# Bester Full-HD 120Hz-Monitor gesucht



## headcase (8. Juli 2012)

Mahlzeit,

ich suche oben genannten Monitor. Größe, 3D-Fähigkeit, Preis sind sekundär. Hauptsächlich soll damit gesurft und gezockt werden.
Ich bestellte bereits einen BenQ 2420t und musste ihn leider zurück  schicken, da er ein schlechteres Bild als mein 3 Jahre alter  Billig-22-Zoll-TFT machte. Insbesondere die aggressive Anti-Glare-Beschichtung  war einfach zu viel. Schriften waren vergleichsweise einfach zu  unscharf. Ich denke, das war auch nicht nur ein Montagsmodell. Ein matter Bildschirm wäre schön, aber bitte nicht mit dem BenQ-Grauschleier.

Vorschläge?


----------



## FreezerX (8. Juli 2012)

Hier sind alle 120Hz Monitore nach Beliebtheit sortiert: TFT 16:9/16:10 mit Besonderheiten: 120Hz | Geizhals Deutschland

Am ehesten empfehle ich den Samsung S23A700D. Wie weit bist du vom Monitor entfernt? Du müsstest dich zwischen 23''/24'' und 27'' Modellen (teuer) entscheiden.


----------



## POWER_TO_THE_GROUND (8. Juli 2012)

Der Samsung ist ein sehr guter Monitor, habe ich selber hierstehen
Gibt es Budgetgrenzen?


----------



## headcase (8. Juli 2012)

Ok, bevor wir uns falsch verstehen: Mehr als 500€ sollen erst mal nicht ausgegeben werden. 

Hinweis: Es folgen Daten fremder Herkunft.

-- ===== src/Claude/Manifest/Compiling.antt =====
-- assembly-manifest.ts, compileClaudeAssemblyManifest: when a configuration cannot be launched.
use agx.Prelude.{
  String, ◌≡◌, ◌≢◌, ◌↔◌, refl, sym, ap, ◌∙◌, Bool-cases, eq_iff, string_eq, ◌==◌, Bool, true, false,
  not, ◌&&◌, ◌⊎◌, inl, inr, List, [], ◌∷◌, map, keep, arith,
}
use agx.Prelude.Dict.{get}
use agx.Config.{StableConfigRevision}
use agx.Launch.World.{ProbeLevel}
use agx.Claude.Capability.{CapabilityNote}
use agx.Claude.AdapterPlan.{is_usable, build_argv, compile_adapter_plan}
use agx.Claude.Manifest.{
  Manifest, compiled, blocked, ManifestStatus, add_note, sort_notes, status_of, policy_of,
  resolve_capability_note, compile_sorted, compile_manifest,
}

abbrev id_of : CapabilityNote → String
id_of n = n.capability_id

-- The capability can neither be used nor done without.
abbrev pub is_missing : CapabilityNote → Bool
is_missing n = n.required && not (is_usable n.status)

abbrev is_supported : ProbeLevel → Bool
is_supported ProbeLevel.supported = true
is_supported _ = false

-- The launch can do with what there is of the capability.
abbrev pub is_reduced : CapabilityNote → Bool
is_reduced n = not (is_missing n) && not (is_supported n.status)

add_note_lem :
    (n : CapabilityNote) (policy : List CapabilityNote)
    → add_note n n.status n.required (record {
      missing_required = map id_of (keep is_missing policy);
      degraded = map id_of (keep is_reduced policy);
    })
      ≡ record {
        missing_required = map id_of (keep is_missing (n ∷ policy));
        degraded = map id_of (keep is_reduced (n ∷ policy));
      }
unfolding add_note
add_note_lem n policy = ground arith

sort_notes_lem :
    (policy : List CapabilityNote)
    → sort_notes policy ≡ record {
      missing_required = map id_of (keep is_missing policy);
      degraded = map id_of (keep is_reduced policy);
    }
unfolding sort_notes
sort_notes_lem [] = refl
sort_notes_lem (n ∷ policy) = rw (sort_notes_lem policy) (add_note_lem n policy)

-- What a manifest takes from the configuration and from the notes on the client.
pub record Manifests (r : StableConfigRevision) (policy : List CapabilityNote) (m : Manifest)
    : Type 0 where
  pub same_revision : m.revision_id ≡ r.revision_id
  pub same_policy : m.capability_policy ≡ policy
  pub reduced : m.degraded_capabilities ≡ map id_of (keep is_reduced policy)
  pub none_missing : keep is_missing policy ≡ []
  pub ready_iff : (m.manifest_status ≡ ManifestStatus.ready) ↔ (keep is_reduced policy ≡ [])

status_of_iff :
    (notes : List CapabilityNote)
    → (status_of (map id_of notes) ≡ ManifestStatus.ready) ↔ (notes ≡ [])
status_of_iff [] = ((λ e. refl), (λ e. refl))
status_of_iff (n ∷ notes) = ((λ e. absurd (cc)), (λ e. absurd (cc)))

compile_sorted_lem :
    (r : StableConfigRevision) (policy missing : List CapabilityNote)
    → keep is_missing policy ≡ missing
    → ((m : Manifest) × (compile_sorted r policy
            (map id_of missing)
            (map id_of (keep is_reduced policy))
          ≡ compiled m)
        × Manifests r policy m)
      ⊎ ((missing ≢ [])
          × (compile_sorted r policy (map id_of missing) (map id_of (keep is_reduced policy))
              ≡ blocked (record {
                revision_id = r.revision_id;
                config_name = r.config_name;
                missing_required = map id_of missing;
              })))
unfolding compile_sorted
compile_sorted_lem r policy [] e = inl (
  _,
  refl,
  record {
    same_revision = refl;
    same_policy = refl;
    reduced = refl;
    none_missing = e;
    ready_iff = status_of_iff (keep is_reduced policy);
  },
)
compile_sorted_lem r policy (n ∷ missing) e = inr ((λ e. cc), refl)

-- A configuration is blocked exactly when it needs a capability that is required and can neither
-- be used nor used in part, and the answer names those capabilities; otherwise its manifest lists
-- what is reduced, and is ready exactly when nothing is.
pub compile_manifest_lem :
    (r : StableConfigRevision) (probed : List CapabilityNote) (now : String)
    → let policy = policy_of r probed now in
      ((m : Manifest) × (compile_manifest r probed now ≡ compiled m) × Manifests r policy m)
      ⊎ ((keep is_missing policy ≢ [])
          × (compile_manifest r probed now
              ≡ blocked (record {
                revision_id = r.revision_id;
                config_name = r.config_name;
                missing_required = map id_of (keep is_missing policy);
              })))
unfolding compile_manifest
compile_manifest_lem r probed now =
    let policy = policy_of r probed now in
    rw (sort_notes_lem policy) (compile_sorted_lem r policy (keep is_missing policy) refl)

find_id :
    (probed : List CapabilityNote) (id now : String)
    → (resolve_capability_note probed now id).capability_id ≡ id
unfolding resolve_capability_note
find_id [] id now = refl
find_id (n ∷ probed) id now = elim (Bool-cases (n.capability_id == id)) [
  | inl same ↦ rw same ((eq_iff n.capability_id id).0 same)
  | inr other ↦ rw other (find_id probed id now)
]

abbrev permission_mode : String
permission_mode = "claude.permission-mode-control"

permission_argv :
    (n : CapabilityNote) (policy : List CapabilityNote)
    → n.capability_id ≡ permission_mode
    → n.required ≡ true
    → keep is_missing (n ∷ policy) ≡ []
    → build_argv (n ∷ policy) ≡ "--permission-mode" ∷ "manual" ∷ build_argv policy
unfolding build_argv get
permission_argv n policy e required none_missing =
    let usable : is_usable n.status ≡ true = ground arith in rw (usable, e) refl

policy_first :
    (r : StableConfigRevision) (probed : List CapabilityNote) (now : String)
    → (others : List CapabilityNote) × (policy_of r probed now
        ≡ resolve_capability_note probed now permission_mode ∷ others)
unfolding policy_of
policy_first r probed now = (_, refl)

-- A manifest for a client whose permission mode is required to be controlled is only compiled into
-- a command line that sets it, first of all.
pub permission_lem :
    (r : StableConfigRevision) (probed : List CapabilityNote) (now : String) (m : Manifest)
    → (resolve_capability_note probed now permission_mode).required ≡ true
    → compile_manifest r probed now ≡ compiled m
    → (rest : List String) × ((compile_adapter_plan m).argv ≡ "--permission-mode" ∷ "manual" ∷ rest)
unfolding compile_adapter_plan
permission_lem r probed now m required e = elim (compile_manifest_lem r probed now) [
  | inl (m', f, takes) ↦
      let same : m ≡ m' = cc in
      let (others, first) = policy_first r probed now in
      let note = resolve_capability_note probed now permission_mode in
      (
        build_argv others,
        ap (λ (x : Manifest). build_argv x.capability_policy) same
            ∙ ap build_argv (takes.same_policy ∙ first)
            ∙ permission_argv note others (find_id probed permission_mode now) required
                (ap (keep is_missing) (sym first) ∙ takes.none_missing),
      )
  | inr (some_missing, f) ↦ absurd (cc)
]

Ich habe jetzt schon viele Monitore online verglichen und irgendwie kann ich zu keiner Entscheidung kommen. Der Samsung ist tatsächlich interessant, aber hat überhaupt keine Anti-Glare-Beschichtung, richtig? Wäre fast ein KO-Kriterium, oder ist es aushaltbar, auch bei Benutzung in einem hellen Raum?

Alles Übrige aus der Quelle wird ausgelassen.